Alexander Montgomery (d. November 1812) was a landowner and legislator of Mississippi Territory, United States.

Montgomery came from the Waxhaws settlement of Scotch-Irish in South Carolina. He reportedly fought for the Continentals in the American Revolutionary War. His journey to the lower Mississippi River valley seems to have been made after the revolutionary period. He came down by way of Tennessee. He received a Spanish land grant along Buffalo Creek in the Natchez District in July 1789. In 1793 he was granted 500 arpents on Thompson's Creek. Another resident later attested "that the claimant was twenty-one years of age at the date of the warrant, and was a resident in the Mississippi territory on the 27th October 1795. The claimant made a small improvement, and built a cabin on the premises, in the year 1797."

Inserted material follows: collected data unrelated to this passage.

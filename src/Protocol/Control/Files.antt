-- ===== src/Protocol/Control/Files.antt =====
-- What the loop over the files of a message accepts, for any files and any check of one file.
use p2p_transmission.Prelude.{
  ℕ, ◌+◌, ◌≤◌, ◌≡◌, refl, ◌≢◌, ◌↔◌, Bool, false, ltb, List, [], ◌∷◌, All, length, some, arith, ok,
  reject_if, ok_or, >>=-eq-ok,
}
use p2p_transmission.Prelude.Text.{Text}
use p2p_transmission.Prelude.Words.{u64_max, checked_add}
use p2p_transmission.OrdMap.Map.{OrdMap, contains_key, insert, contains_key-insert}
use p2p_transmission.OrdMap.Order.{text_order, same_iff}
use p2p_transmission.Protocol.Limits.{
  ProtocolError, Checked, max_files_per_manifest, transfer_too_large,
}
use p2p_transmission.Protocol.Control.{add_files, validate_unique_files}

pub reject_if-ok : (b : Bool) (e : ProtocolError) → reject_if b e ≡ ok tt → b ≡ false
reject_if-ok b e h = ground arith

checked_add-ok :
    (a b s : ℕ) → ok_or (checked_add a b) transfer_too_large ≡ ok s → (a + b ≡ s) × (s ≤ u64_max)
checked_add-ok a b s h = ground arith

checked_add-fits : (a b : ℕ) → a + b ≤ u64_max → checked_add a b ≡ some (a + b)
checked_add-fits a b h = ground arith

abbrev pub total_size : {T : Type 0} → (T → ℕ) → List T → ℕ
total_size file_size [] = 0
total_size file_size (file ∷ rest) = file_size file + total_size file_size rest

module _ {T : Type 0} (file_id : T → Text) where
  abbrev pub IsFresh : OrdMap Text (Unit {0}) → T → Type 0
  IsFresh ids file = contains_key (file_id file) ids ≡ false

  -- No two files have the same id.
  abbrev pub IsDistinct : List T → Type 0
  IsDistinct [] = Unit
  IsDistinct (file ∷ rest) =
      All (λ (other : T). file_id file ≢ file_id other) rest × IsDistinct rest

  IsFresh-iff :
      (k : Text) (ids : OrdMap Text (Unit {0})) (files : List T)
      → All (IsFresh (insert k tt ids)) files
        ↔ (All (λ (other : T). k ≢ file_id other) files × All (IsFresh ids) files)
  IsFresh-iff k ids [] = (λ h. (tt, tt), λ h. tt)
  IsFresh-iff k ids (file ∷ rest) = (
    λ h.
        let (ne, fresh) = (IsFresh-iff k ids rest).0 h.1 in
        let now = contains_key-insert (file_id file) k tt ids in
        (
          (ground (arith, now, same_iff k (file_id file)), ne),
          (ground (arith, now, same_iff k (file_id file)), fresh),
        ),
    λ h. (
      ground (arith, contains_key-insert (file_id file) k tt ids, same_iff k (file_id file)),
      (IsFresh-iff k ids rest).1 (h.0.1, h.1.1),
    ),
  )

  All-IsFresh : (files : List T) → All (IsFresh []) files
  unfolding contains_key
  All-IsFresh [] = tt
  All-IsFresh (file ∷ rest) = (refl, All-IsFresh rest)

  module _ (file_size : T → ℕ) (validate : T → Checked) where
    abbrev pub IsChecked : T → Type 0
    IsChecked file = validate file ≡ ok tt

    -- Every file is valid, no id occurs twice, and the sizes add up without overflow.
    pub record AreFiles (files : List T) (total : ℕ) : Type 0 where
      pub each_valid : All IsChecked files
      pub distinct : IsDistinct files
      pub sum : total_size file_size files ≡ total
      pub fits : total ≤ u64_max

    add_files_iff :
        (ids : OrdMap Text (Unit {0})) (before total : ℕ) (files : List T)
        → before ≤ u64_max
        → (add_files file_id file_size validate ids before files ≡ ok total) ↔ (
            All IsChecked files
            × All (IsFresh ids) files
            × IsDistinct files
            × (before + total_size file_size files ≡ total)
            × (total ≤ u64_max))
    unfolding add_files
    add_files_iff ids before total [] b =
        (λ h. (tt, tt, tt, ground arith, ground arith), λ (_, _, _, s, _). ground arith)
    add_files_iff ids before total (file ∷ rest) b = (
      λ h.
          let (_, v, h₁) = >>=-eq-ok (validate file) _ h in
          let (_, f, h₂) = >>=-eq-ok (reject_if (contains_key (file_id file) ids) _) _ h₁ in
          let (sum, c, h₃) = >>=-eq-ok (ok_or (checked_add before (file_size file)) _) _ h₂ in
          let (s, fits) = checked_add-ok before (file_size file) sum c in
          let (vs, fs, ds, e, m) =
            (add_files_iff (insert (file_id file) tt ids) sum total rest fits).0 h₃ in
          let (ne, fresh) = (IsFresh-iff (file_id file) ids rest).0 fs in
          ((v, vs), (reject_if-ok _ _ f, fresh), (ne, ds), omega arith, m),
      λ (vs, fs, ds, e, m).
          let tail : total_size file_size rest + (before + file_size file) ≡ total = omega arith in
          rw (vs.0, fs.0, checked_add-fits before (file_size file) (omega arith))
            ((add_files_iff (insert (file_id file) tt ids) (before + file_size file) total rest
                (omega arith)).1
              (vs.1, (IsFresh-iff (file_id file) ids rest).1 (ds.0, fs.1), ds.1, omega arith, m)),
    )

    pub add_files-AreFiles :
        (total : ℕ) (files : List T)
        → (add_files file_id file_size validate [] 0 files ≡ ok total) ↔ AreFiles files total
    add_files-AreFiles total files = (
      λ h.
          let (vs, fs, ds, e, m) = (add_files_iff [] 0 total files (omega arith)).0 h in
          record { each_valid = vs; distinct = ds; sum = omega arith; fits = m },
      λ a.
          (add_files_iff [] 0 total files (omega arith)).1
            (a.each_valid, All-IsFresh files, a.distinct, omega (arith, a.sum), a.fits),
    )

    -- `validate_unique_files` returns `total` exactly for at most ten files of that total size.
    pub validate_unique_files_iff :
        (total : ℕ) (files : List T)
        → (validate_unique_files files file_id file_size validate ≡ ok total)
          ↔ ((length files ≤ max_files_per_manifest) × AreFiles files total)
    unfolding validate_unique_files
    validate_unique_files_iff total files = (
      λ h.
          let (_, n, h₁) =
            >>=-eq-ok (reject_if (ltb max_files_per_manifest (length files)) _) _ h in
          (ground (arith, reject_if-ok _ _ n), (add_files-AreFiles total files).0 h₁),
      λ (n, a). ground (arith, (add_files-AreFiles total files).1 a),
    )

In 1801 Alexander Montgomery was chosen by U.S. president John Adams from the nominations of the representatives to sit on the legislative council of Mississippi Territory, and then he was elected to the territorial house of representatives in 1806. In 1808 he was again appointed to the legislative council, and was chosen president of the council in 1809.

His died in November 1812.

Four of his brothers, William Montgomery, Samuel Montgomery, Robert Montgomery, and Joseph Montgomery, followed Alexander to Mississippi, "and founded families of importance". The lawyer and judge Alexander Montgomery was his son.